Work task>
Look through the material that follows and show every line with the string "Bool".

***** Data records *****

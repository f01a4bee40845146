-- ===== src/Chainstate/Detaching.antt =====
-- The UPDATE of MarkAsTip in src/chainstate.cpp that moves the upper end of the main chain to a new
-- branch keeps the table well-formed.
use xayax.Prelude.{
  ℕ, ◌≤◌, ◌<◌, ◌≡◌, ◌≢◌, inl, inr, refl, arith, Bool, true, false, ◌&&◌, List, [], ◌∷◌, Option,
  some, none, ltb, ◌==◌, if◌then◌else◌, i64_bound, Bool-cases,
}
use xayax.BlockData.{Codec}
use xayax.Chainstate.Table.{
  Row, on_branch, set_branch, highest_branch, constrained, constraints_hold, clashes_any,
}
use xayax.Chainstate.Fork.{decode}
use xayax.Chainstate.Members.{In}
use xayax.Chainstate.Tree.{IsTree}
use xayax.Chainstate.Ops.{get_free_branch_number, detach_where}

-- A row after SET `branch` = b.
abbrev pub moved : ℕ → (Row → Bool) → Row → Row
moved b p r = if p r then record r { branch = b } else r

pub In-set_branch :
    (b : ℕ) (p : Row → Bool) (r : Row) (rs : List Row)
    → In r rs
    → In (moved b p r) (set_branch b p rs)
unfolding set_branch
In-set_branch b p r [] i = elim i [ ]
In-set_branch b p r (q ∷ qs) (inl e) = ground arith
In-set_branch b p r (q ∷ qs) (inr i) = inr (In-set_branch b p r qs i)

pub In-set_branch_inv :
    (b : ℕ) (p : Row → Bool) (r : Row) (rs : List Row)
    → In r (set_branch b p rs)
    → (q : Row) × In q rs × (r ≡ moved b p q)
unfolding set_branch
In-set_branch_inv b p r [] i = elim i [ ]
In-set_branch_inv b p r (q ∷ qs) (inl e) = (q, inl refl, e)
In-set_branch_inv b p r (q ∷ qs) (inr i) =
    let (s, j, e) = In-set_branch_inv b p r qs i in (s, inr j, e)

-- A number is no greater than one that has been found.
abbrev AtMost : ℕ → Option ℕ → Type 0
AtMost n none = ⊥
AtMost n (some b) = n ≤ b

le-highest_branch : (r : Row) (rs : List Row) → In r rs → AtMost r.branch (highest_branch rs)
unfolding highest_branch
le-highest_branch r [] i = elim i [ ]
le-highest_branch r (q ∷ qs) (inl e) = ground arith
le-highest_branch r (q ∷ qs) (inr i) = ground (arith, le-highest_branch r qs i)

-- The new number is above all that are in use.
pub lt-get_free_branch_number :
    (r : Row) (rs : List Row) → In r rs → r.branch < get_free_branch_number rs
unfolding get_free_branch_number
lt-get_free_branch_number r rs i = ground (arith, le-highest_branch r rs i)

-- A test that holds of all blocks of the main chain above one of which it holds.
abbrev pub IsUpward : (Row → Bool) → Type 0
IsUpward p = (r q : Row) → p r ≡ true → r.height ≤ q.height → p q ≡ true

module _ {Json : Type 0} (codec : Codec Json) (p : Row → Bool) (up : IsUpward p) (rs : List Row)
    (tree : IsTree codec rs) where
  abbrev pub free : ℕ
  free = get_free_branch_number rs

  abbrev pub leaves : Row → Bool
  leaves r = on_branch 0 r && p r

  abbrev pub detached : List Row
  detached = set_branch free leaves rs

  clashes_any-detached :
      (b : ℕ) (r : Row) (qs : List Row)
      → r.branch < b
      → ((q : Row) → In q qs → q.branch < b)
      → clashes_any r qs ≡ false
      → clashes_any (moved b leaves r) (set_branch b leaves qs) ≡ false
  unfolding clashes_any set_branch
  clashes_any-detached b r [] l k e = refl
  clashes_any-detached b r (q ∷ qs) l k e =
      ground (arith, k q (inl refl), clashes_any-detached b r qs l (λ s i. k s (inr i)))

  keys-detached :
      (b : ℕ) (qs : List Row)
      → ((q : Row) → In q qs → q.branch < b)
      → constraints_hold qs ≡ true
      → constraints_hold (set_branch b leaves qs) ≡ true
  unfolding constraints_hold set_branch
  keys-detached b [] k e = refl
  keys-detached b (q ∷ qs) k e = ground (
    arith,
    keys-detached b qs (λ s i. k s (inr i)),
    clashes_any-detached b q qs (k q (inl refl)) (λ s i. k s (inr i)),
  )

  detached_link :
      (r q : Row)
      → In r rs
      → In q rs
      → (moved free leaves q).branch ≡ (moved free leaves r).branch
      → q.height < r.height
      → (s : Row) × In s rs
        × (s.hash ≡ r.parent)
        × ((moved free leaves s).branch ≡ (moved free leaves r).branch)
  detached_link r q i j e l =
      let same_branch : q.branch ≡ r.branch =
        ground (arith, lt-get_free_branch_number r rs i, lt-get_free_branch_number q rs j) in
      let (s, k, f, b) = tree.linked r q i j same_branch l in
      (
        s,
        k,
        f,
        ground (
          arith,
          tree.heights r s i k f,
          up q s,
          up s r,
          lt-get_free_branch_number r rs i,
          lt-get_free_branch_number q rs j,
        ),
      )

  of_row : (r : Row) → In r detached → (q : Row) × In q rs × (r ≡ moved free leaves q)
  of_row r i = In-set_branch_inv free leaves r rs i

  moved_same :
      (b : ℕ) (r q : Row)
      → r ≡ moved b leaves q
      → (r.hash ≡ q.hash) × (r.parent ≡ q.parent) × (r.height ≡ q.height) × (r.blob ≡ q.blob)
  moved_same b r q e = ground arith

  detached_pruned :
      (r q : Row)
      → In r rs
      → In q rs
      → (moved free leaves r).branch ≢ 0
      → ((s : Row) → In s rs → s.hash ≢ r.parent)
      → (moved free leaves q).branch ≡ 0
      → r.height ≤ q.height
  detached_pruned r q i j n u z =
      let stays : q.branch ≡ 0 = ground (arith, lt-get_free_branch_number q rs j) in
      elim (Bool-cases (r.branch == 0)) [
        | inr off ↦ tree.pruned r q i j (ground arith) u stays
        | inl on ↦ elim (Bool-cases (ltb q.height r.height)) [
          | inr above ↦ ground arith
          | inl below ↦
              let (s, k, f, b) = tree.linked r q i j (ground arith) (ground arith) in
              absurd (u s k f)
        ]
      ]

  pub detached-IsTree : IsTree codec detached
  unfolding decode
  detached-IsTree = record {
    keys = keys-detached free rs (λ q i. lt-get_free_branch_number q rs i) tree.keys;
    stored = λ r i.
        let (q, j, e) = of_row r i in
        let (blk, d) = tree.stored q j in (blk, ground (arith, moved_same free r q e));
    heights = λ r s i j f.
        let (q, k, e) = of_row r i in
        let (t, l, g) = of_row s j in
        ground (arith, moved_same free r q e, moved_same free s t g, tree.heights q t k l);
    linked = λ r s i j f l.
        let (q, k, e) = of_row r i in
        let (t, m, g) = of_row s j in
        let (u, n, v, w) =
          detached_link q t k m (ground arith)
            (ground (arith, moved_same free r q e, moved_same free s t g)) in
        (
          moved free leaves u,
          In-set_branch free leaves u rs n,
          ground (arith, moved_same free r q e),
          ground arith,
        );
    pruned = λ r s i j n u z.
        let (q, k, e) = of_row r i in
        let (t, m, g) = of_row s j in
        ground (
          arith,
          moved_same free r q e,
          moved_same free s t g,
          detached_pruned q t k m (ground arith)
              (λ x l f.
                u (moved free leaves x) (In-set_branch free leaves x rs l)
                  (ground (arith, moved_same free r q e)))
              (ground arith),
        );
  }

  -- On a well-formed table, and for a test that holds of every block above one of which it holds, the
  -- UPDATE of MarkAsTip returns if the new branch number fits int64_t, violates no constraint, and
  -- leaves a well-formed table: the main chain's blocks that pass the test go to the new branch.
  pub detach_where-IsTree :
      get_free_branch_number rs < i64_bound
      → (rs' : List Row) × (detach_where p rs ≡ some rs')
        × IsTree codec rs'
        × (rs' ≡ set_branch (get_free_branch_number rs) (λ r. on_branch 0 r && p r) rs)
  unfolding detach_where constrained
  detach_where-IsTree b = (detached, ground (arith, detached-IsTree.keys), detached-IsTree, refl)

*****

Response for this exercise>
  ℕ, ◌≤◌, ◌<◌, ◌≡◌, ◌≢◌, inl, inr, refl, arith, Bool, true, false, ◌&&◌, List, [], ◌∷◌, Option,
  some, none, ltb, ◌==◌, if◌then◌else◌, i64_bound, Bool-cases,
abbrev pub moved : ℕ → (Row → Bool) → Row → Row
    (b : ℕ) (p : Row → Bool) (r : Row) (rs : List Row)
    (b : ℕ) (p : Row → Bool) (r : Row) (rs : List Row)
abbrev pub IsUpward : (Row → Bool) → Type 0
module _ {Json : Type 0} (codec : Codec Json) (p : Row → Bool) (up : IsUpward p) (rs : List Row)
  abbrev pub leaves : Row → Bool
      elim (Bool-cases (r.branch == 0)) [
        | inl on ↦ elim (Bool-cases (ltb q.height r.height)) [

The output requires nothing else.